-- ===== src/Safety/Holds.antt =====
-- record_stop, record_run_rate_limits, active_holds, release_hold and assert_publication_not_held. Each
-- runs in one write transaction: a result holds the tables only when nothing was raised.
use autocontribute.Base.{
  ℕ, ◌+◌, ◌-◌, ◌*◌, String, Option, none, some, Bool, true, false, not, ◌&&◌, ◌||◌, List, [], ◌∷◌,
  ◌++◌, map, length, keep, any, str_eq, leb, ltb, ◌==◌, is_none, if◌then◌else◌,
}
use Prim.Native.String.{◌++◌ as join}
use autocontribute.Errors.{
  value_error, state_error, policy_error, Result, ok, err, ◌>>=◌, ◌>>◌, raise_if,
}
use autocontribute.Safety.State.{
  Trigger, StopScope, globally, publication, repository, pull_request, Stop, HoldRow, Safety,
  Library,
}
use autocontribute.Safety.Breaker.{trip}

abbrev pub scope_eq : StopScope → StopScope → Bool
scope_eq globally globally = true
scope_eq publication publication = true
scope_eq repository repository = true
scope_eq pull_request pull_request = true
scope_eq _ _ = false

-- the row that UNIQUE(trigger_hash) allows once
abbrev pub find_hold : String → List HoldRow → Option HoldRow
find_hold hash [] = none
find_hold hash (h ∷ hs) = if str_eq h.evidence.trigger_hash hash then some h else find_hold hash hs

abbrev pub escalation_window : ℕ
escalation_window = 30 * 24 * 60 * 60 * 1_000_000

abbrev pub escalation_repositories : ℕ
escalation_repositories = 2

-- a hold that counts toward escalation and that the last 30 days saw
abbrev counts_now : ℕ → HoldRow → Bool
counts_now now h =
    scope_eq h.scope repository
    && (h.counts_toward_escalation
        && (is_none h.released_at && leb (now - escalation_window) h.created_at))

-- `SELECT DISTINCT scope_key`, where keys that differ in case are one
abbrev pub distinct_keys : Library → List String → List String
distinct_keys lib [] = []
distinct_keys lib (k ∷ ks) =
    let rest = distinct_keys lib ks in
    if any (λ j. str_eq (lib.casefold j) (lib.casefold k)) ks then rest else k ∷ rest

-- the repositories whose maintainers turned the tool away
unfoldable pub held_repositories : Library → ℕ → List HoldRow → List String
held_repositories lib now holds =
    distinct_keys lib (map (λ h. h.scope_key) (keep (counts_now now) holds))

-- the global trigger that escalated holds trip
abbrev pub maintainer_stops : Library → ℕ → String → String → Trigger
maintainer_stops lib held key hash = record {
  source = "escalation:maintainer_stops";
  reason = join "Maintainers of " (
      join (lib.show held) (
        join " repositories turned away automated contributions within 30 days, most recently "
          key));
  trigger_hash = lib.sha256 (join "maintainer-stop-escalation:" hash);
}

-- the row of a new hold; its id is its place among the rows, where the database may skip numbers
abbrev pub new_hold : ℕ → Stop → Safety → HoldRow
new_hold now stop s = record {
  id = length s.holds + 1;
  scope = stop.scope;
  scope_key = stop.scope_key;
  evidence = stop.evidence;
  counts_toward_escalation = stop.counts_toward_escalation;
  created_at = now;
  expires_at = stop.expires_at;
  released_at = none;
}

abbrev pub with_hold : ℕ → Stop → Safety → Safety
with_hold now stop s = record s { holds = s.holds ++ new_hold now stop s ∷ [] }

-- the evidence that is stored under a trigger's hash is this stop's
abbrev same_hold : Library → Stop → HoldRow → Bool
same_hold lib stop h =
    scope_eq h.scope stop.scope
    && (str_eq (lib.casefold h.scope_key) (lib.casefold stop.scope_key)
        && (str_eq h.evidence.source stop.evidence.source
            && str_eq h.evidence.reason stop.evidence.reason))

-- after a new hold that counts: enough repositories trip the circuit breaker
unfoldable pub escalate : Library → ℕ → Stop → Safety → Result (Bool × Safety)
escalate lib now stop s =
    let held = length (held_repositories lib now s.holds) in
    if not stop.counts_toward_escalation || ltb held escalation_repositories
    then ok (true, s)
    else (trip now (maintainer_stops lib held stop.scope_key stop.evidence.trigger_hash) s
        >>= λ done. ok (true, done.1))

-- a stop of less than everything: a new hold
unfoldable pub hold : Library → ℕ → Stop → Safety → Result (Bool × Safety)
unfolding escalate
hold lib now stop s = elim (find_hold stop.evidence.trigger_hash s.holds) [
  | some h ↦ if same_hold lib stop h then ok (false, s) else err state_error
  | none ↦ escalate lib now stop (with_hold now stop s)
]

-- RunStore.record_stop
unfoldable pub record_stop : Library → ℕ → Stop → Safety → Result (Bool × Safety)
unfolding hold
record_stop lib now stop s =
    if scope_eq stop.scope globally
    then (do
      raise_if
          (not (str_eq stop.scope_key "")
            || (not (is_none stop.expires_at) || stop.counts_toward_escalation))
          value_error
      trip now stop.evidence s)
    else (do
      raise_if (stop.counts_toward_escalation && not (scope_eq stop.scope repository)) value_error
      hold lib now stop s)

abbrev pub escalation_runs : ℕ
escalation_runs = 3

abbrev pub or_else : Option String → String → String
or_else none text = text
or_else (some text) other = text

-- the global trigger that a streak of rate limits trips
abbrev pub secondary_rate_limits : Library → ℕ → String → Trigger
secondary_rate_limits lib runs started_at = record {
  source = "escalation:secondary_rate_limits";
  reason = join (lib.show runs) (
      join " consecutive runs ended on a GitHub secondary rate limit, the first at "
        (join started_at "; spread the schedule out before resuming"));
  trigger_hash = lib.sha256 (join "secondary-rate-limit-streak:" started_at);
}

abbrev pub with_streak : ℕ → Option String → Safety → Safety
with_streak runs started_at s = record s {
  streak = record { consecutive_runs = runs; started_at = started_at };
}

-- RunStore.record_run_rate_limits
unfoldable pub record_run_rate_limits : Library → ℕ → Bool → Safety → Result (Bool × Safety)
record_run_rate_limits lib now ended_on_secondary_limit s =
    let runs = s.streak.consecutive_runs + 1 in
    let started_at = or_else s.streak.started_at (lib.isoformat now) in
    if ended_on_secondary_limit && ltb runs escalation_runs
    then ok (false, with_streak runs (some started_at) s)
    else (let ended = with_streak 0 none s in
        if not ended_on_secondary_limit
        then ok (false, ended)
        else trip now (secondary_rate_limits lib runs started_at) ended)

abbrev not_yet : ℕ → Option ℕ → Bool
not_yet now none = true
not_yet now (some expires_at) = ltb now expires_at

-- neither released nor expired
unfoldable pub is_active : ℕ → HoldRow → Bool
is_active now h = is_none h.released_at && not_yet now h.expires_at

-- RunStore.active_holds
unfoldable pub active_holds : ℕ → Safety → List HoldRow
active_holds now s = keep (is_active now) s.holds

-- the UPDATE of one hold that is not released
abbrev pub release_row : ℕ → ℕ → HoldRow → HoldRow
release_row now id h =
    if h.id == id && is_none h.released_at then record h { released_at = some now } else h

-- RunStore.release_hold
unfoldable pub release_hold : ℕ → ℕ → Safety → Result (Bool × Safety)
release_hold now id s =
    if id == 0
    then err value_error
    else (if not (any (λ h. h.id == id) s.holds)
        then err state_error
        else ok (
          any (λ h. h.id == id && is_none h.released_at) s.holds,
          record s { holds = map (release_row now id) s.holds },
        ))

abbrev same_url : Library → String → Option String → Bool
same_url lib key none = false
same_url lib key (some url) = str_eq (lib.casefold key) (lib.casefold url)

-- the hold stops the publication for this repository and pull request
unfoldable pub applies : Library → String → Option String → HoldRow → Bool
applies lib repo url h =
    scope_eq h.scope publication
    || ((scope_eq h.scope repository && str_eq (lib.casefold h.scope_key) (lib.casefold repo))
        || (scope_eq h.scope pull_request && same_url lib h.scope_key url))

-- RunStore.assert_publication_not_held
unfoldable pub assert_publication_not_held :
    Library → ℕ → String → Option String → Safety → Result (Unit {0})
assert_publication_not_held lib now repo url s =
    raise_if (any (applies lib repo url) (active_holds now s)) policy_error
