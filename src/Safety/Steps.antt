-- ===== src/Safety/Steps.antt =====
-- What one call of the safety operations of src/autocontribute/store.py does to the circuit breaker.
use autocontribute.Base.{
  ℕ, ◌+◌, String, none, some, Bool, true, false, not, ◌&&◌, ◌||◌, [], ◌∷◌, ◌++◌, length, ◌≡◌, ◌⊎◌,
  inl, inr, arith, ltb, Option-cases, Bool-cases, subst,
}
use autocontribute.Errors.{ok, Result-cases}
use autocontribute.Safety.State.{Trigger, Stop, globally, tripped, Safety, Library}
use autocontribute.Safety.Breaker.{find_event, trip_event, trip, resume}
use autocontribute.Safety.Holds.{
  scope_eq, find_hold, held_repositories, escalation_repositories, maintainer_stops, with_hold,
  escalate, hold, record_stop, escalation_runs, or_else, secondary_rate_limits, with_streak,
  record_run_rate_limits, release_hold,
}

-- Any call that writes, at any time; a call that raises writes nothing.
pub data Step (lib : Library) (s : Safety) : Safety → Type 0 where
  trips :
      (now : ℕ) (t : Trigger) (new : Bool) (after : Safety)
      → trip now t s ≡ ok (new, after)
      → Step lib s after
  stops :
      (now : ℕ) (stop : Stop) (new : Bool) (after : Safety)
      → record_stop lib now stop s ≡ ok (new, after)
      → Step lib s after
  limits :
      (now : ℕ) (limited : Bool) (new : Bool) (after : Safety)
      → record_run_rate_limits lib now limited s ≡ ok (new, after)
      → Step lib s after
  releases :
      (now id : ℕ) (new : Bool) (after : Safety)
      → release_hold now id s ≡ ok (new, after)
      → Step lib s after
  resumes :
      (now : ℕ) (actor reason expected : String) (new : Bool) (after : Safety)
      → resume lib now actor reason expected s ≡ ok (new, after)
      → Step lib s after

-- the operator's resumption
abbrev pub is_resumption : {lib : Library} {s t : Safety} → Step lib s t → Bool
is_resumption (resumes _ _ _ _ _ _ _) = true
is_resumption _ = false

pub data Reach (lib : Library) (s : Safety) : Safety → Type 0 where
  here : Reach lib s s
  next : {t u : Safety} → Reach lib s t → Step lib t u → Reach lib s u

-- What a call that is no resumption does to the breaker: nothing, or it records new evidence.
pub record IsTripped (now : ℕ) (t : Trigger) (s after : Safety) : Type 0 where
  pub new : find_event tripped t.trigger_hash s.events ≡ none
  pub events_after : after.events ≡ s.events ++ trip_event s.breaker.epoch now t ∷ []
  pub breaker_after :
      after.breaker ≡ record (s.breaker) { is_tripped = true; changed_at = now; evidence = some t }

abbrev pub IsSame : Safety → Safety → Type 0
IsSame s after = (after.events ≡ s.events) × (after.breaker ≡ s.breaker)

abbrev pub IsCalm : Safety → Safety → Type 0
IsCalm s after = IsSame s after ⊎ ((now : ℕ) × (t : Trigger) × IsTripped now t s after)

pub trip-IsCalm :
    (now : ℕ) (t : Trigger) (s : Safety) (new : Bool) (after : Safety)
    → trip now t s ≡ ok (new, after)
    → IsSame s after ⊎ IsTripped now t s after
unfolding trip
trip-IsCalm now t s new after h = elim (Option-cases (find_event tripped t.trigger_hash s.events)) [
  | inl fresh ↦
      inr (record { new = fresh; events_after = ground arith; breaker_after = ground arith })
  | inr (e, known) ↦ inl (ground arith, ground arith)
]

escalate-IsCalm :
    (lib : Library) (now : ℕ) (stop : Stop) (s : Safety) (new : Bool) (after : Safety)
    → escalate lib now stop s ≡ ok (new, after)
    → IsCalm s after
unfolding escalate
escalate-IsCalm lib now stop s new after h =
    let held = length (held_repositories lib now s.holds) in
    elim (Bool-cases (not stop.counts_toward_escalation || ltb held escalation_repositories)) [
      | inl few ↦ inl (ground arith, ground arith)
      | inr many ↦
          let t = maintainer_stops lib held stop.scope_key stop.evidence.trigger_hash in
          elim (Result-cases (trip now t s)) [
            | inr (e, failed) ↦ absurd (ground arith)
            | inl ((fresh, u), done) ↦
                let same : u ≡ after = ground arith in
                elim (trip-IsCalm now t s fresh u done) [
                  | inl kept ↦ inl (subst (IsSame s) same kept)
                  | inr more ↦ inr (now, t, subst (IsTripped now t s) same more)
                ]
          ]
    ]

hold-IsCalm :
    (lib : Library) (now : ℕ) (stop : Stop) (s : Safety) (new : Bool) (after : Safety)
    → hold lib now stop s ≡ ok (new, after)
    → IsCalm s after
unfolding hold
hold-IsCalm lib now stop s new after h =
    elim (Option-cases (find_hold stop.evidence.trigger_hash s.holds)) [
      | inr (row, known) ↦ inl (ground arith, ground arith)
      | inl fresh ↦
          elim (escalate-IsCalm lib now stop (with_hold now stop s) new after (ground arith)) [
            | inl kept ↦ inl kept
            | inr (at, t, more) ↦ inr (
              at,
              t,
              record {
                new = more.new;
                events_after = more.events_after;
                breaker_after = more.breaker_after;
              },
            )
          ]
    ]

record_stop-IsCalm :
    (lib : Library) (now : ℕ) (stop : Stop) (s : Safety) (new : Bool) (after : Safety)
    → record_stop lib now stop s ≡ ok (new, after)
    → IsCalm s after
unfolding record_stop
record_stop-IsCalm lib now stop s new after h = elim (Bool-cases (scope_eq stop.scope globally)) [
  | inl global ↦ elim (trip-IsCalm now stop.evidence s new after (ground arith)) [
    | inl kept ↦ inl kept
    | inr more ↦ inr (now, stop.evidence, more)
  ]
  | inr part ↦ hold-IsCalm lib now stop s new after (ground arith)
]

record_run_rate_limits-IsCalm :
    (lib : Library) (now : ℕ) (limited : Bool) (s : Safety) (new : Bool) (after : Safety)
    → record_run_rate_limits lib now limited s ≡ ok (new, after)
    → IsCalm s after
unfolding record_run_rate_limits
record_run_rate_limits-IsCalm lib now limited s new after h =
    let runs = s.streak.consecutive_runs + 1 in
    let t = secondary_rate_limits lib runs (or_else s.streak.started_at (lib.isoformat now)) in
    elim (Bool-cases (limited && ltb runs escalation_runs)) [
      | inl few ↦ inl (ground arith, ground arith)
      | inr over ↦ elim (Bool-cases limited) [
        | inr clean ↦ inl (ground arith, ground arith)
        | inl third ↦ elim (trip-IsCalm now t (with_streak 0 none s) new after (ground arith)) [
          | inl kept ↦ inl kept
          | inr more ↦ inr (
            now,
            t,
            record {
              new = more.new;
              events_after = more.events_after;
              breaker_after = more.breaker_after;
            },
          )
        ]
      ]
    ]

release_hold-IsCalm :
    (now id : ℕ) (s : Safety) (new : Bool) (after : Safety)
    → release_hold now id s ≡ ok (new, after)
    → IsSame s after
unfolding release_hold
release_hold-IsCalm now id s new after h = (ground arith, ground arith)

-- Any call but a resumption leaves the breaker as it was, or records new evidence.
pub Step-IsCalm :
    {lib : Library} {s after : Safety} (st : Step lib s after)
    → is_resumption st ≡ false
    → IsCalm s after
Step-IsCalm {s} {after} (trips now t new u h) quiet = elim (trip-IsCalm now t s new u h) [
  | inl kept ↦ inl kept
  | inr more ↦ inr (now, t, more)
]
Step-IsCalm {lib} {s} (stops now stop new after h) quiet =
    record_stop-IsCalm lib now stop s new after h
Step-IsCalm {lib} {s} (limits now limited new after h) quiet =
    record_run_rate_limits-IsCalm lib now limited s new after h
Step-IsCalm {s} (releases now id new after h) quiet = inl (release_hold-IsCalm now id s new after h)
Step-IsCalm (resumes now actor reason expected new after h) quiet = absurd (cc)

- [TASK INSTRUCTIONS]
Using the data above, repeat exactly the lines that begin at the line with "stop.expires_at) || stop.counts_toward_escalation))" and end at the line with "unfoldable pub is_active : ℕ → HoldRow → Bool", both ends included.

- [OUTPUT BELOW]
            || (not (is_none stop.expires_at) || stop.counts_toward_escalation))
          value_error
      trip now stop.evidence s)
    else (do
      raise_if (stop.counts_toward_escalation && not (scope_eq stop.scope repository)) value_error
      hold lib now stop s)

abbrev pub escalation_runs : ℕ
escalation_runs = 3

abbrev pub or_else : Option String → String → String
or_else none text = text
or_else (some text) other = text

-- the global trigger that a streak of rate limits trips
abbrev pub secondary_rate_limits : Library → ℕ → String → Trigger
secondary_rate_limits lib runs started_at = record {
  source = "escalation:secondary_rate_limits";
  reason = join (lib.show runs) (
      join " consecutive runs ended on a GitHub secondary rate limit, the first at "
        (join started_at "; spread the schedule out before resuming"));
  trigger_hash = lib.sha256 (join "secondary-rate-limit-streak:" started_at);
}

abbrev pub with_streak : ℕ → Option String → Safety → Safety
with_streak runs started_at s = record s {
  streak = record { consecutive_runs = runs; started_at = started_at };
}

-- RunStore.record_run_rate_limits
unfoldable pub record_run_rate_limits : Library → ℕ → Bool → Safety → Result (Bool × Safety)
record_run_rate_limits lib now ended_on_secondary_limit s =
    let runs = s.streak.consecutive_runs + 1 in
    let started_at = or_else s.streak.started_at (lib.isoformat now) in
    if ended_on_secondary_limit && ltb runs escalation_runs
    then ok (false, with_streak runs (some started_at) s)
    else (let ended = with_streak 0 none s in
        if not ended_on_secondary_limit
        then ok (false, ended)
        else trip now (secondary_rate_limits lib runs started_at) ended)

abbrev not_yet : ℕ → Option ℕ → Bool
not_yet now none = true
not_yet now (some expires_at) = ltb now expires_at

-- neither released nor expired
unfoldable pub is_active : ℕ → HoldRow → Bool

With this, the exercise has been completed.